Data provided Start Marker
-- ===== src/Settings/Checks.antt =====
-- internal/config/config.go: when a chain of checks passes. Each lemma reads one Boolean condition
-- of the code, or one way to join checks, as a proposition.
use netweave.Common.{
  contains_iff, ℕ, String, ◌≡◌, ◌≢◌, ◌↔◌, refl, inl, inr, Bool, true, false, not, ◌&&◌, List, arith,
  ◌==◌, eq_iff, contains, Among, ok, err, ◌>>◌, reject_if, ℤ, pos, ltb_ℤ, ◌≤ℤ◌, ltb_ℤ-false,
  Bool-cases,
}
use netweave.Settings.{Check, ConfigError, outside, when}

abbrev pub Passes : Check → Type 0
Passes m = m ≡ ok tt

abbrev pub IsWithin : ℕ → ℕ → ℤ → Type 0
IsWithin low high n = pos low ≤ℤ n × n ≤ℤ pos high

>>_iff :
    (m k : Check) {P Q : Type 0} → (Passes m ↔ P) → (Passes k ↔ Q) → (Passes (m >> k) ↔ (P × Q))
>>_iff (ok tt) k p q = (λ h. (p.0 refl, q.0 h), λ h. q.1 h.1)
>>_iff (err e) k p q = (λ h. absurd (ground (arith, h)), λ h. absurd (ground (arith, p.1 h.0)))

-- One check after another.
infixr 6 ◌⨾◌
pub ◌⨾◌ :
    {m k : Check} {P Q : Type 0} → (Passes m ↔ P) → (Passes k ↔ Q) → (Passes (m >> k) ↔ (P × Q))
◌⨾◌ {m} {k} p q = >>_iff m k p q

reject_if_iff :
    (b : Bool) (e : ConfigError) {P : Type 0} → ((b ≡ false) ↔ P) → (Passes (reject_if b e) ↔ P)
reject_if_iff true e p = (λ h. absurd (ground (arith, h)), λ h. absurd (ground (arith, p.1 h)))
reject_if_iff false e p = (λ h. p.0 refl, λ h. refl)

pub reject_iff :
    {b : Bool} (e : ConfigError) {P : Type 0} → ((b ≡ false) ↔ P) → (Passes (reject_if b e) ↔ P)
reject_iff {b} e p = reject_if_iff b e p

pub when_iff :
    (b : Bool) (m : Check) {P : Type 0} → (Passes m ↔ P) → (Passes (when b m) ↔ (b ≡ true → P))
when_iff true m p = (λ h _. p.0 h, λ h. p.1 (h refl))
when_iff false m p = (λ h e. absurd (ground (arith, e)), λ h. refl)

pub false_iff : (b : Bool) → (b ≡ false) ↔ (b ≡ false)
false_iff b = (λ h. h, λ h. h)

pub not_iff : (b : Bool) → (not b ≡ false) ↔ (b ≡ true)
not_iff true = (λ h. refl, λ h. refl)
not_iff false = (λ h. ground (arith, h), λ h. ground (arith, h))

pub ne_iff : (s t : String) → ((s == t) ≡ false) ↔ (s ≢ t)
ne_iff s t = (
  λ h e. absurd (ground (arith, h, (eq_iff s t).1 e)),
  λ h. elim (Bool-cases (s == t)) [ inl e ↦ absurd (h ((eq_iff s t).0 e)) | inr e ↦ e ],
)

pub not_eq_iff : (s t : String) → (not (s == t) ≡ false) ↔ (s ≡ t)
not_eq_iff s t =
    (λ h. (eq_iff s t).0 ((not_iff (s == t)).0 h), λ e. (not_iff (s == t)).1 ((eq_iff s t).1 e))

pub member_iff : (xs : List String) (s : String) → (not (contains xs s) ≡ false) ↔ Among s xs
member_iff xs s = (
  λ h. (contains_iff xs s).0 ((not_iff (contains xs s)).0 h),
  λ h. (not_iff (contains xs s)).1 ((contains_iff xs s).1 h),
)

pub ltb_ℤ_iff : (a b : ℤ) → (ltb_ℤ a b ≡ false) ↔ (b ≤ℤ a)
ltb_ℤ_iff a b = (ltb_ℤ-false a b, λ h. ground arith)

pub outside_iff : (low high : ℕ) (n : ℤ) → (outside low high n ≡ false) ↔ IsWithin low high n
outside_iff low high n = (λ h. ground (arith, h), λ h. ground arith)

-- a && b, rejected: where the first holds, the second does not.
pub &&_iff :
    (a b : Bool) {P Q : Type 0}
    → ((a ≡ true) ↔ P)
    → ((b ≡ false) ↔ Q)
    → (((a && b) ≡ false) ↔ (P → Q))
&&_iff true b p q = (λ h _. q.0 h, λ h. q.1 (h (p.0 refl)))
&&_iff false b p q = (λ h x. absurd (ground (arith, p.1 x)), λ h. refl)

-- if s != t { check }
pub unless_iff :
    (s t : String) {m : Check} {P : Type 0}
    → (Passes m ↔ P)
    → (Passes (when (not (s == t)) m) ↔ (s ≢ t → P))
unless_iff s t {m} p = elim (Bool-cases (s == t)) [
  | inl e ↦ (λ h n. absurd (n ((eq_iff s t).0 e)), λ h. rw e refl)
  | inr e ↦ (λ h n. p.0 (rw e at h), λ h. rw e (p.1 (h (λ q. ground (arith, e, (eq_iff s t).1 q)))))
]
Data provided End Marker
**Exercise description:** Show every line in the entries above that contains the string "arith".

**Answer to this task:**
  contains_iff, ℕ, String, ◌≡◌, ◌≢◌, ◌↔◌, refl, inl, inr, Bool, true, false, not, ◌&&◌, List, arith,
>>_iff (err e) k p q = (λ h. absurd (ground (arith, h)), λ h. absurd (ground (arith, p.1 h.0)))
reject_if_iff true e p = (λ h. absurd (ground (arith, h)), λ h. absurd (ground (arith, p.1 h)))
when_iff false m p = (λ h e. absurd (ground (arith, e)), λ h. refl)
not_iff false = (λ h. ground (arith, h), λ h. ground (arith, h))
  λ h e. absurd (ground (arith, h, (eq_iff s t).1 e)),
ltb_ℤ_iff a b = (ltb_ℤ-false a b, λ h. ground arith)
outside_iff low high n = (λ h. ground (arith, h), λ h. ground arith)
&&_iff false b p q = (λ h x. absurd (ground (arith, p.1 x)), λ h. refl)
  | inr e ↦ (λ h n. p.0 (rw e at h), λ h. rw e (p.1 (h (λ q. ground (arith, e, (eq_iff s t).1 q)))))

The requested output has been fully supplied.